Introduction

Consider the video visualized as a spatio-temporal volume in the figure on the right. What does it mean to understand this video and how might we achieve such an understanding? Currently, the most common answer to this question involves recognizing the particular event or action that occurs in the video.

For the video shown in the figure it would simply be “clean and jerk”. But this level of description does not address issues such as the temporal extent of the action. It typically uses only a global feature-based representation to predict the class of action. We additionally would like to determine structural properties of the video such as the time instant when the person picks up the weight or where the weights are located. We want to understand actions at a finer level, both spatially and temporally. Instead of representing videos globally by a single feature vector, we need to decompose them into their relevant “bits and pieces”. This could be addressed by modeling videos in terms of their constituent semantic actions and objects. The general framework would be to first probabilistically detect objects (e.g, weights, poles, people) and primitive actions (e.g, bending and lifting). These probabilistic detections could then be combined using Bayesian networks to build a consistent and coherent interpretation such as a storyline. So, the semantic objects and actions form primitives for representation of videos. However, recent research in object and action recognition has shown that current computational models for identifying semantic entities are not robust enough to serve as a basis for video analysis. Therefore, such approaches have, for the most part, only been applied to restricted and structured domains such as baseball and office scenes.

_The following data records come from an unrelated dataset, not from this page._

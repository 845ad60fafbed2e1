-- ===== src/Storage/Tests.antt =====
-- The theorems on storage, applied to concrete releases and stores.
use helm.Storage.Memory.Map.{
  Op, create_op, update_op, delete_op, perform_all, promise_all, empty_map, memory-IsMap,
}
use helm.Storage.Records.Lookup.{find}
use helm.Common.{
  Bytes, codes, true, false, ◌≡◌, ◌≢◌, refl, List, [], ◌∷◌, none, arith, All, length, ◌-◌, ◌+◌, ◌≤◌,
  ◌<◌,
}
use helm.Common.Text.{eqb, lacks2}
use helm.Common.Decimal.{Int32, int32}
use helm.Release.{Release, Status, superseded, deployed}
use helm.Result.{ok, err, invalid_key, no_revision, no_deployed}
use helm.Storage.Records.{Entry, new_record}
use helm.Storage.Memory
use helm.Storage.Memory.{Cache, memory, get, create, update, delete, found, key_name, new_memory}
use helm.Storage.Memory.View.{lookup, IsWellFormed}
use helm.Storage.Memory.Keys.{get-eq-lookup, create_dotted, create-get}
use helm.Storage.Store
use helm.Storage.Store.{
  Store, make_key, to_delete, remove_least_recent, on_db, or_no_deployed, deployed_all,
  deployed_release, history, last,
}
use helm.Storage.Store.Prune.{
  to_delete-oldest, to_delete-safe, first_of, others, Pruned, remove_least_recent-prunes,
  create_undeployed,
}
use helm.Storage.Store.History.{IsLastOf, last-IsLastOf}

abbrev sample : Bytes → Int32 → Status → Release
sample name v status = record {
  name = name;
  info = record {
    code = status;
    notes = [];
    first_deployed = 1;
    last_deployed = 1;
    deleted_at = none;
    description = [];
  };
  chart = none;
  config = none;
  manifest = [];
  hooks = [];
  version = v;
  namespace = codes "ns";
}

abbrev web : Bytes
web = codes "web"

abbrev old_release : Release
old_release = sample web (int32 1) superseded

abbrev new_release : Release
new_release = sample web (int32 2) deployed

abbrev next_release : Release
next_release = sample web (int32 3) deployed

abbrev dotted_release : Release
dotted_release = sample (codes "web.v2x") (int32 1) deployed

abbrev entry : Release → Entry
entry r = new_record (make_key r.name r.version) r

abbrev cache : Cache
cache = (web, entry old_release ∷ entry new_release ∷ []) ∷ []

abbrev stale : Cache
stale = (web, entry old_release ∷ []) ∷ []

abbrev store_of : Cache → Store memory
store_of c = record { max_history = 0; db = c }

abbrev first_key : Bytes
first_key = make_key web (int32 1)

abbrev next_key : Bytes
next_key = make_key web (int32 3)

cache-IsWellFormed : IsWellFormed cache
unfolding find eqb new_record make_key Memory.bucket
cache-IsWellFormed = (((refl, (refl, tt)), refl), tt)

get-eq-lookup_example : get first_key cache ≡ found first_key (lookup web first_key cache)
unfolding lacks2
get-eq-lookup_example = get-eq-lookup web (int32 1) (omega arith) cache refl

create_dotted_example :
    let key = make_key dotted_release.name dotted_release.version in
    let after = create key dotted_release cache in
    (after.0 ≡ ok tt)
    × (get key after.1 ≡ err (invalid_key key))
    × (delete key after.1 ≡ (err (invalid_key key), after.1))
unfolding lacks2 Memory.bucket
create_dotted_example = create_dotted cache dotted_release cache-IsWellFormed refl refl

create-get_example :
    let after = Store.create memory next_release (store_of cache) in
    (after.0 ≡ ok tt)
    × (Store.get memory web (int32 3) after.1 ≡ ok next_release)
    × ((name : Bytes) (v : Int32)
        → v < 4294967296
        → lacks2 b'.' b'v' name ≡ true
        → eqb web name ≡ false
        → Store.get memory name v after.1 ≡ Store.get memory name v (store_of cache))
unfolding lacks2 Memory.bucket find new_record make_key
create-get_example =
    create-get (store_of cache) next_release refl cache-IsWellFormed (omega arith) refl refl

abbrev releases : List Release
releases = old_release ∷ new_release ∷ next_release ∷ []

to_delete-oldest_example :
    to_delete (length releases) 1 (int32 3) 0 releases
    ≡ first_of (length releases - 1) (others (int32 3) releases)
to_delete-oldest_example = to_delete-oldest 1 (int32 3) releases (omega arith)

to_delete-safe_example :
    All (λ r. r.version ≢ int32 3) (to_delete (length releases) 1 (int32 3) 0 releases)
    × (length (to_delete (length releases) 1 (int32 3) 0 releases) + 1 ≤ length releases)
to_delete-safe_example = to_delete-safe 1 (int32 3) releases (omega arith)

remove_least_recent-prunes_example :
    Pruned memory web 1
      (store_of cache)
      (history memory web (store_of cache))
      (deployed_release memory web (store_of cache))
      (remove_least_recent memory web 1 (store_of cache))
remove_least_recent-prunes_example = remove_least_recent-prunes memory web 1 (store_of cache)

abbrev limited : Store memory
limited = record { max_history = 1; db = stale }

create_undeployed_example :
    Store.create memory new_release limited
    ≡ on_db memory (memory.create (make_key web (int32 2)) new_release stale) limited
unfolding deployed_release Memory.query new_record
create_undeployed_example = create_undeployed memory new_release limited (no_deployed web) refl

last-IsLastOf_example :
    IsLastOf
      (no_revision web)
      (history memory web (store_of cache))
      (last memory web (store_of cache))
last-IsLastOf_example = last-IsLastOf memory web (store_of cache)

abbrev ops : List Op
ops =
    create_op (make_key web (int32 1)) old_release
    ∷ create_op (make_key web (int32 1)) old_release
    ∷ update_op (make_key web (int32 2)) new_release
    ∷ delete_op web (int32 1)
    ∷ []

memory-IsMap_example :
    ((perform_all ops new_memory).0 ≡ (promise_all ops empty_map).0)
    × IsWellFormed (perform_all ops new_memory).1
    × ((n j : Bytes)
        → lookup n j (perform_all ops new_memory).1 ≡ (promise_all ops empty_map).1 n j)
unfolding lacks2
memory-IsMap_example = memory-IsMap ops (tt, (tt, (tt, ((omega arith, refl), tt))))
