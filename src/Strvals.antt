-- ===== src/Strvals.antt =====
-- pkg/strvals/parser.go: the values of `--set`.
pub mod Runes
pub mod Values
pub mod Parser
pub mod Print
pub mod Tests
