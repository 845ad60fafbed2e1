-- ===== src/Strvals/Runes.antt =====
-- runesUntil and typedVal of pkg/strvals/parser.go. A text is the list of the runes that ReadRune
-- gives for it; the only error of ReadRune is io.EOF.
use helm.Common.{
  ℕ, Bytes, codes, Bool, true, false, if◌then◌else◌, Option, none, some, List, [], ◌∷◌, ◌==◌, leb,
  ◌&&◌, ◌+◌, ◌≡◌, Bool-cases, inl, inr,
}
use helm.Common.Text.{eqb}
use helm.Common.Decimal.{atoi, format}
use helm.Chartutil.Value.{Value, null, bool, number, text}

-- inMap
unfoldable pub in_map : ℕ → List ℕ → Bool
in_map k [] = false
in_map k (r ∷ m) = if r == k then true else in_map k m

-- The runes read, the rune that ended them, or none at the end of the text, and what is left.
abbrev pub Run : Type 0
Run = Bytes × Option ℕ × Bytes

abbrev pub push : ℕ → Run → Run
push r (v, last, rest) = (r ∷ v, last, rest)

-- runesUntil
unfoldable pub runes_until : List ℕ → Bytes → Run
runes_until stop [] = ([], none, [])
runes_until stop (r ∷ []) =
    if in_map r stop
    then ([], some r, [])
    else (if r == 92 then ([], none, []) else (r ∷ [], none, []))
runes_until stop (r ∷ next ∷ s) = elim (in_map r stop) [
  | true ↦ ([], some r, next ∷ s)
  | false ↦ elim (r == 92) [
    | true ↦ push next (runes_until stop s)
    | false ↦ push r (runes_until stop (next ∷ s))
  ]
]

pub runes_until_step :
    (stop : List ℕ) (r next : ℕ) (s : Bytes)
    → runes_until stop (r ∷ next ∷ s) ≡ (
        if in_map r stop
        then ([], some r, next ∷ s)
        else (if r == 92
            then push next (runes_until stop s)
            else push r (runes_until stop (next ∷ s))))
unfolding runes_until
runes_until_step stop r next s = elim (Bool-cases (in_map r stop)) [
  | inl e ↦ rw (e, runes_until)
  | inr e ↦ elim (Bool-cases (r == 92)) [
    | inl e' ↦ rw (e, e', runes_until)
    | inr e' ↦ rw (e, e', runes_until)
  ]
]

-- The rune in lower case, where it folds to an ASCII one: U+017F folds to s, and U+212A to k.
unfoldable pub fold : ℕ → ℕ
fold c =
    if leb b'A' c && leb c b'Z'
    then c + 32
    else (if c == 383 then b's' else (if c == 8490 then b'k' else c))

unfoldable pub fold_all : Bytes → Bytes
fold_all [] = []
fold_all (c ∷ s) = fold c ∷ fold_all s

-- `strings.EqualFold` for a second text of lower-case letters and digits
unfoldable pub equal_fold : Bytes → Bytes → Bool
equal_fold s t = eqb (fold_all s) t

-- an int64 by its sign and magnitude
abbrev pub integer : Bool × ℕ → Value
integer (true, n) = if n == 0 then number (format 0) else number (b'-' ∷ format n)
integer (false, n) = number (format n)

-- `strconv.ParseInt(val, 10, 64)`, unless the text is empty or starts with 0
unfoldable pub parsed_int : Bytes → Option (Bool × ℕ)
parsed_int [] = none
parsed_int (c ∷ s) = if c == b'0' then none else atoi (c ∷ s)

abbrev pub number_or_text : Bytes → Option (Bool × ℕ) → Value
number_or_text val none = text val
number_or_text val (some i) = integer i

-- typedVal
unfoldable pub typed_val : Bytes → Bool → Value
typed_val val st =
    if st
    then text val
    else (if equal_fold val (codes "true")
        then bool true
        else (if equal_fold val (codes "false")
            then bool false
            else (if equal_fold val (codes "null")
                then null
                else (if equal_fold val (codes "0")
                    then number (format 0)
                    else number_or_text val (parsed_int val)))))
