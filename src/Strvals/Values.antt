-- ===== src/Strvals/Values.antt =====
-- set, setIndex, keyIndex, val and valList of pkg/strvals/parser.go. Memory is taken as unbounded.
use helm.Common.{
  ℕ, zero, suc, Bytes, Bool, true, false, if◌then◌else◌, Option, none, some, [], ◌∷◌, ◌==◌, leb,
  ◌&&◌,
}
use helm.Common.Decimal.{atoi}
use helm.Chartutil.Value.{Value, Items, Fields, null, nil, cons, assign}
use helm.Strvals.Runes.{Run, runes_until}

-- what a function of the parser can return beside its value; io.EOF and a panic are told apart from
-- the other errors, as the code does
pub data ParseError : Type 0 where
  no_value comma_end no_map_value : (key : Bytes) → ParseError
  bad_index unterminated_list : ParseError
  unexpected_data : Bytes → ParseError
  -- an error of runesToVal, which a caller of ParseIntoFile gives
  conversion : Bytes → ParseError

pub data Outcome : Type 0 where
  done eof panicked out_of_fuel : Outcome
  failed : ParseError → Outcome

-- set
unfoldable pub set : Fields → Bytes → Value → Fields
set vals [] val = vals
set vals (c ∷ key) val = assign (c ∷ key) val vals

unfoldable pub items_length : Items → ℕ
items_length nil = 0
items_length (cons v vs) = suc (items_length vs)

unfoldable pub append_item : Items → Value → Items
append_item nil v = cons v nil
append_item (cons w vs) v = cons w (append_item vs v)

-- the item at an index, and null beyond the end
unfoldable pub item_at : ℕ → Items → Value
item_at n nil = null
item_at zero (cons v vs) = v
item_at (suc n) (cons v vs) = item_at n vs

-- setIndex for an index that is not negative: a list that is too short is filled up with nil
unfoldable pub set_item : ℕ → Value → Items → Items
set_item zero v nil = cons v nil
set_item (suc n) v nil = cons null (set_item n v nil)
set_item zero v (cons w vs) = cons v vs
set_item (suc n) v (cons w vs) = cons w (set_item n v vs)

-- An index is an int. A negative one makes Go panic on the access; `index + 1` wraps around for the
-- largest int, and then `make` panics.
abbrev pub Index : Type 0
Index = Bool × ℕ

abbrev pub position : Index → Option ℕ
position (true, n) = if n == 0 then some 0 else none
position (false, n) = some n

abbrev set_at : Option ℕ → Value → Items → Option Items
set_at none val vs = none
set_at (some n) val vs =
    if leb (items_length vs) n && n == 9223372036854775807 then none else some (set_item n val vs)

-- setIndex: nothing where it panics
unfoldable pub set_index : Items → Index → Value → Option Items
set_index vs i val = set_at (position i) val vs

-- keyIndex: the index and what is left of the text
unfoldable pub key_index : Bytes → Option Index × Bytes
key_index s =
    let (v, last, rest) = runes_until (b']' ∷ []) s in
    (elim last [ none ↦ none | some r ↦ atoi v ], rest)

-- val: the runes up to a comma or to the end, and what is left
unfoldable pub val : Bytes → Bytes × Bytes
val s = let (v, last, rest) = runes_until (b',' ∷ []) s in (v, rest)

-- what valList returns, and what is left of the text
pub data ValList : Type 0 where
  list_read : Items → Bytes → ValList
  list_eof not_list list_stuck : ValList
  list_failed : ParseError → ValList

-- a comma after the list is consumed
unfoldable pub skip_comma : Bytes → Bytes
skip_comma [] = []
skip_comma (r ∷ s) = if r == b',' then s else r ∷ s

-- a function that gives the value of a text, and its error if any
abbrev pub RunesToVal : Type 0
RunesToVal = Bytes → Value × Option Bytes

module _ (runes_to_val : RunesToVal) where
  abbrev pub finish : Items → Bytes → Value × Option Bytes → ValList
  finish vs rest (v, none) = list_read (append_item vs v) (skip_comma rest)
  finish vs rest (v, some e) = list_failed (conversion e)

  abbrev pub proceed : (Items → Bytes → ValList) → Items → Bytes → Value × Option Bytes → ValList
  proceed next vs rest (v, none) = next (append_item vs v) rest
  proceed next vs rest (v, some e) = list_failed (conversion e)

  -- one round of the loop of valList, and the rounds after it
  unfoldable pub list_round : (Items → Bytes → ValList) → Items → Run → ValList
  list_round next vs (rs, none, rest) = list_failed unterminated_list
  list_round next vs (rs, some r, rest) =
      if r == b'}' then finish vs rest (runes_to_val rs) else proceed next vs rest (runes_to_val rs)

  unfoldable pub list_rounds : ℕ → Items → Bytes → ValList
  list_rounds zero vs s = list_stuck
  list_rounds (suc fuel) vs s = list_round (list_rounds fuel) vs (runes_until (b',' ∷ b'}' ∷ []) s)

  -- valList; where the text does not start with `{`, nothing is consumed
  unfoldable pub val_list : ℕ → Bytes → ValList
  val_list fuel [] = list_eof
  val_list fuel (r ∷ s) = if r == b'{' then list_rounds fuel nil s else not_list
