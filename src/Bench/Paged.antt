-- ===== src/Bench/Paged.antt =====
-- bench/kv_waste.cpp, `run_paged`: the loop that drives the scheduler. The sequences that it makes, with
-- random tokens, are an argument.
use llm_engine.Base.{
  ℕ, zero, suc, ◌+◌, ◌*◌, Bool, false, List, [], ◌∷◌, ◌++◌, if◌then◌else◌, ltb, ◌==◌, ◌&&◌, not,
  length, Checked, ok, ◌>>=◌,
}
use llm_engine.Sequence.{Sequence, StepInput, num_tokens}
use llm_engine.KvCache.{fresh_pool}
use llm_engine.Scheduler.Defs.{Scheduler, SchedulerConfig, add}
use llm_engine.Scheduler.Step.{schedule}
use llm_engine.Scheduler.Done.{on_step_done}
use llm_engine.Scheduler.Runs.{start}
use llm_engine.Engine.Loop.{has_work}

pub record Paged : Type 0 where
  pub sched : Scheduler
  pub idle_steps : ℕ
  -- `used` and `allocated` of each step
  pub util : List (ℕ × ℕ)
  pub resident_sum : ℕ
  pub active_sum : ℕ
  pub peak_resident : ℕ
  pub steps : ℕ
  -- the loop was left
  pub stalled : Bool

-- `used` and `allocated`.
unfoldable pub residents : Scheduler → ℕ → List ℕ → ℕ × ℕ
residents s block_size [] = (0, 0)
residents s block_size (p ∷ ps) =
    let (used, allocated) = residents s block_size ps in
    (num_tokens (s.seqs p) + used, length (s.seqs p).block_table.blocks * block_size + allocated)

unfoldable pub count_round : ℕ → StepInput → Scheduler → Paged → Paged
count_round block_size step s r =
    let n = length s.running in
    let (used, allocated) = residents s block_size s.running in
    record r {
      sched = s;
      idle_steps = 0;
      util = if ltb 0 allocated then r.util ++ ((used, allocated) ∷ []) else r.util;
      resident_sum = r.resident_sum + n;
      active_sum = r.active_sum + step.num_decode_tokens;
      peak_resident = if ltb r.peak_resident n then n else r.peak_resident;
      steps = suc r.steps;
    }

abbrev pub same_tokens : ℕ → List ℕ
same_tokens zero = []
same_tokens (suc n) = 42 ∷ same_tokens n

-- The body of the loop.
unfoldable pub paged_round : ℕ → ℕ → Paged → Checked Paged
paged_round block_size now r = schedule now r.sched >>= λ (step, s).
    let r' = count_round block_size step s r in
    let done = on_step_done now step (same_tokens step.num_logits) s >>= λ s'.
    ok (record r' { sched = s' }) in
    if length step.slices == 0
    then ok (record r {
      sched = s;
      idle_steps = suc r.idle_steps;
      stalled = ltb 1000 (suc r.idle_steps);
    })
    else done

-- The first rounds of the loop, as many as are asked for.
unfoldable pub paged_rounds : ℕ → ℕ → (ℕ → ℕ) → Paged → Checked Paged
paged_rounds zero block_size clock r = ok r
paged_rounds (suc n) block_size clock r =
    let more = paged_round block_size (clock n) r >>= λ r'. paged_rounds n block_size clock r' in
    if has_work r.sched && not r.stalled then more else ok r

unfoldable pub add_all : Scheduler → ℕ → List ℕ → Scheduler
add_all s now [] = s
add_all s now (p ∷ ps) = add_all (add s now p) now ps

-- The requests are `ps`, in the order in which they are made.
unfoldable pub run_paged :
    ℕ → ℕ → ℕ → Bool → (ℕ → ℕ) → SchedulerConfig → (ℕ → Sequence) → List ℕ → Checked Paged
run_paged n num_blocks block_size prefix_caching clock cfg seqs ps =
    let sch = start cfg (fresh_pool num_blocks block_size prefix_caching) seqs in
    paged_rounds n block_size clock record {
      sched = add_all sch (clock n) ps;
      idle_steps = 0;
      util = [];
      resident_sum = 0;
      active_sum = 0;
      peak_resident = 0;
      steps = 0;
      stalled = false;
    }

Strong alignment allows us to richly annotate test videos
using a simple label transfer technique. — Strong alignment allows us to richly annotate test videos using a simple label transfer technique.

Following recent work on discriminative patch-based representation, we represent videos in terms of discriminative spatio-temporal patches rather than global feature vectors or a set of semantic entities. These spatio-temporal patches might correspond to a primitive human action, a semantic object, human-object pair or perhaps a random but informative spatio-temporal patch in the video. They are determined by their discriminative properties and their ability to establish correspondences with videos from similar classes. We automatically mine these discriminative patches from training data consisting of hundreds of videos.

The figure below shows some of the mined discriminative patches for the “weightlifting” class. We show how these mined patches can act as a discriminative vocabulary for action classification and demonstrate state-of-the-art performance on the Olympics Sports dataset and the UCF-50 dataset1. But, more importantly, we demonstrate how these patches can be used to establish strong correspondence between spatio-temporal patches in training and test videos. We can use this correspondence to align the videos and per- form tasks such as object localization, finer-level action detection etc. using label transfer techniques. Specifically, we present an integer-programming framework for selecting the set of mutually-consistent correspondences that best explains the classification of a video from a particular category. We then use these correspondences for representing the structure of a test video.

Mining Discriminative Patches in Video

Given a set of training videos, we first find discriminative spatio-temporal patches which are representative of each action class. These patches satisfy two conditions: 1) they occur frequently within a class; 2) they are distinct from patches in other classes. The challenge is that the space of potential spatio-temporal patches is extremely large given that these patches can occur over a range of scales. And, the overwhelming majority of video patches are uninteresting, consisting of background clutter (track, grass, sky etc).

One approach would be to follow the bag-of-words paradigm: sample a few thousand patches, perform k- means clustering to find representative clusters and then rank these clusters based on membership in different action classes. However, this has two major drawbacks: (a) High-Dimensional Distance Metric: K-means uses standard distance metrics such as Euclidean or normalized cross-correlation. These standard distance metrics do not work well in high-dimensional spaces(In our case, we use HOG3D to represent each spatio-temporal patch and the dimensionality of the feature space is 1600).

The Euclidean distance fails to retrieve visually similar patches. Instead, we learn a discriminative distance metric to retrieve similar patches and, hence, representative clusters. (b) Partitioning: Standard clustering algorithms partition the entire feature space. Every data point is assigned to one of the clusters during the clustering procedure. However, in many cases, assigning cluster memberships to rare background patches is hard. Due to the forced clustering they significantly diminish the purity of good clusters to which they are assigned.

Figure 4. Examples of highly ranked discriminative spatio-temporal patches.

We address these issues by using an exemplar-based clustering approach which avoids partitioning the entire feature space. Every spatio-temporal patch is considered as a possible cluster center and we determine whether or not a discriminative cluster for some action class can be formed around that patch. We use the exemplar-SVM (e- SVM) approach of Malisiewicz et al. to learn a discriminative distance metric for each cluster. However, learn- ing an e-SVM for every spatio-temporal patch in the training dataset is computationally infeasible; instead, we use motion based sampling to generate a set of initial cluster centers and then use simple nearest neighbor verification to prune candidates.